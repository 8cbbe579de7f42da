-- ===== src/Prelude/Writes.antt =====
-- Arrays that loops write to: the writes as a list, in their order, with the place and the value of
-- each.
use Prim.Native.Nat.{ℕ, zero, suc, ◌+◌, ◌*◌, ◌/◌, ◌≤◌, ◌<◌}
use native.Mathlib.Nat.{mul-add-div_right, div-eq_of_lt}
use mathlib.Core.Path.{◌≡◌, refl, sym, ap, ◌∙◌}
use mathlib.Core.Logic.{◌⊎◌, inl, inr}
use mathlib.Core.Bool.{true, false}
use mathlib.Core.List.{List, [], ◌∷◌, ◌++◌}
use mathlib.Core.Option.{Option, none, some}
use native.Mathlib.Omega.{arith}
use hipace.Prelude.Tests.{◌==◌, if◌then◌else◌, Bool-cases}
use hipace.Prelude.Ranges.{All, In, gather, range_from}

module _ {A : Type 0} where
  -- What is in a place behind the writes: the last one counts, and `none` is what was there before.
  unfoldable pub written : List (ℕ × A) → ℕ → Option A
  written [] place = none
  written ((at, value) ∷ writes) place = elim (written writes place) [
    | some later ↦ some later
    | none ↦ if at == place then some value else none
  ]

  -- Every write to the place has the value.
  abbrev pub AgreesAt : (place : ℕ) (value : A) → ℕ × A → Type 0
  AgreesAt place value write = write.0 ≡ place → write.1 ≡ value

  agreeing :
      (place : ℕ) (value : A) (writes : List (ℕ × A))
      → All (AgreesAt place value) writes
      → (written writes place ≡ none) ⊎ (written writes place ≡ some value)
  unfolding written
  agreeing place value [] h = inl refl
  agreeing place value ((at, v) ∷ writes) h = elim (agreeing place value writes h.1) [
    | inr e ↦ inr (rw e refl)
    | inl e ↦ elim (Bool-cases (at == place)) [
      | inr other ↦ inl (rw (e, other) refl)
      | inl here ↦ inr (rw (e, here) (ap some (h.0 (ground (arith, here)))))
    ]
  ]

  -- If there is a write to the place, and all of them agree on the value, the value is there.
  pub written-eq :
      (place : ℕ) (value : A) (writes : List (ℕ × A))
      → All (AgreesAt place value) writes
      → In (place, value) writes
      → written writes place ≡ some value
  unfolding written
  written-eq place value [] h within = elim within [ ]
  written-eq place value ((at, v) ∷ writes) h (inr later) =
      rw (written-eq place value writes h.1 later) refl
  written-eq place value ((at, v) ∷ writes) h (inl here) = elim (agreeing place value writes h.1) [
    | inr e ↦ rw e refl
    | inl e ↦
        let same : at ≡ place = ap (λ (w : ℕ × A). w.0) here in
        let same_value : v ≡ value = ap (λ (w : ℕ × A). w.1) here in
        let hit : (at == place) ≡ true = ground (arith, same) in rw (e, hit) (ap some same_value)
  ]

module _ {B : Type 0} where
  pub All-append : (P : B → Type 0) (xs ys : List B) → All P xs → All P ys → All P (xs ++ ys)
  All-append P [] ys h k = k
  All-append P (x ∷ xs) ys h k = (h.0, All-append P xs ys h.1 k)

  pub In-append_left : (b : B) (xs ys : List B) → In b xs → In b (xs ++ ys)
  In-append_left b [] ys h = elim h [ ]
  In-append_left b (x ∷ xs) ys (inl here) = inl here
  In-append_left b (x ∷ xs) ys (inr later) = inr (In-append_left b xs ys later)

  pub In-append_right : (b : B) (xs ys : List B) → In b ys → In b (xs ++ ys)
  In-append_right b [] ys h = h
  In-append_right b (x ∷ xs) ys h = inr (In-append_right b xs ys h)

module _ {A B : Type 0} where
  pub All-gather :
      (P : B → Type 0) (f : A → List B) (xs : List A)
      → ((x : A) → In x xs → All P (f x))
      → All P (gather f xs)
  All-gather P f [] h = tt
  All-gather P f (x ∷ xs) h =
      All-append P (f x) (gather f xs) (h x (inl refl))
        (All-gather P f xs (λ y within. h y (inr within)))

  pub In-gather :
      (b : B) (f : A → List B) (a : A) (xs : List A) → In a xs → In b (f a) → In b (gather f xs)
  In-gather b f a [] h k = elim h [ ]
  In-gather b f a (x ∷ xs) (inl here) k = In-append_left b (f x) (gather f xs) (rw here k)
  In-gather b f a (x ∷ xs) (inr later) k =
      In-append_right b (f x) (gather f xs) (In-gather b f a xs later k)

pub In-range_from : (i a n : ℕ) → a ≤ i → i < a + n → In i (range_from a n)
In-range_from i a zero h k = absurd (omega (arith, h, k))
In-range_from i a (suc n) h k = elim (Bool-cases (a == i)) [
  | inl here ↦ inl (ground (arith, here))
  | inr other ↦ inr (In-range_from i (a + 1) n (ground (arith, other, h)) (omega (arith, k)))
]

pub range_from-lt : (i a n : ℕ) → In i (range_from a n) → (a ≤ i) × (i < a + n)
range_from-lt i a zero h = elim h [ ]
range_from-lt i a (suc n) (inl here) = (omega (arith, here), omega (arith, here))
range_from-lt i a (suc n) (inr later) =
    let (low, high) = range_from-lt i (a + 1) n later in (omega (arith, low), omega (arith, high))

-- The row and the column of a place in a matrix.
pub place_unique :
    (n x y x' y' : ℕ) → y < n → y' < n → x * n + y ≡ x' * n + y' → (x ≡ x') × (y ≡ y')
place_unique n x y x' y' h h' e =
    let some_columns : 0 < n = omega (arith, h) in
    let quotient : x + y / n ≡ x' + y' / n =
      sym (mul-add-div_right some_columns x y)
      ∙ ap (λ t. t / n) e
      ∙ mul-add-div_right some_columns x' y' in
    let same_row : x ≡ x' = omega (arith, quotient, div-eq_of_lt h, div-eq_of_lt h') in
    let same_start : x * n ≡ x' * n = ap (λ t. t * n) same_row in
    (same_row, omega (arith, e, same_start))

-- A place without a write holds what it held.
pub written-none :
    {A : Type 0} (place : ℕ) (writes : List (ℕ × A))
    → All (λ write. ¬ (write.0 ≡ place)) writes
    → written writes place ≡ none
unfolding written
written-none place [] h = refl
written-none place ((at, v) ∷ writes) h =
    let other : (at == place) ≡ false = ground (arith, h.0) in
    rw (written-none place writes h.1, other) refl
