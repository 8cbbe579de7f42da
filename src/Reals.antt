-- ===== src/Reals.antt =====
-- amrex::Real: floating-point numbers, of which the program uses these operations. Nothing is
-- assumed of them here; a theorem that needs a law takes it as a hypothesis.
use hipace.Prelude.{ℕ, Bool, ℤ}

pub record Real (R : Type 0) : Type 0 where
  pub add : R → R → R
  pub sub : R → R → R
  pub mul : R → R → R
  pub div : R → R → R
  pub lt : R → R → Bool
  pub le : R → R → Bool
  pub eq : R → R → Bool
  -- An `int` converted to a Real.
  pub of_int : ℕ → R

-- What the code uses of numbers with a sign: the negative, an `int` converted, and 0.5.
pub record Signed (R : Type 0) : Type 0 where
  pub negate : R → R
  pub of_signed : ℤ → R
  pub half : R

- _TASK OBJECTIVE_
From the top of the listing above, restate each line word for word up to and including the line with "written [] place = none"; add nothing else.

- _COMPLETED EXERCISE_
repository 8cbbe579de7f42da
-- ===== src/Prelude/Writes.antt =====
-- Arrays that loops write to: the writes as a list, in their order, with the place and the value of
-- each.
use Prim.Native.Nat.{ℕ, zero, suc, ◌+◌, ◌*◌, ◌/◌, ◌≤◌, ◌<◌}
use native.Mathlib.Nat.{mul-add-div_right, div-eq_of_lt}
use mathlib.Core.Path.{◌≡◌, refl, sym, ap, ◌∙◌}
use mathlib.Core.Logic.{◌⊎◌, inl, inr}
use mathlib.Core.Bool.{true, false}
use mathlib.Core.List.{List, [], ◌∷◌, ◌++◌}
use mathlib.Core.Option.{Option, none, some}
use native.Mathlib.Omega.{arith}
use hipace.Prelude.Tests.{◌==◌, if◌then◌else◌, Bool-cases}
use hipace.Prelude.Ranges.{All, In, gather, range_from}

module _ {A : Type 0} where
  -- What is in a place behind the writes: the last one counts, and `none` is what was there before.
  unfoldable pub written : List (ℕ × A) → ℕ → Option A
  written [] place = none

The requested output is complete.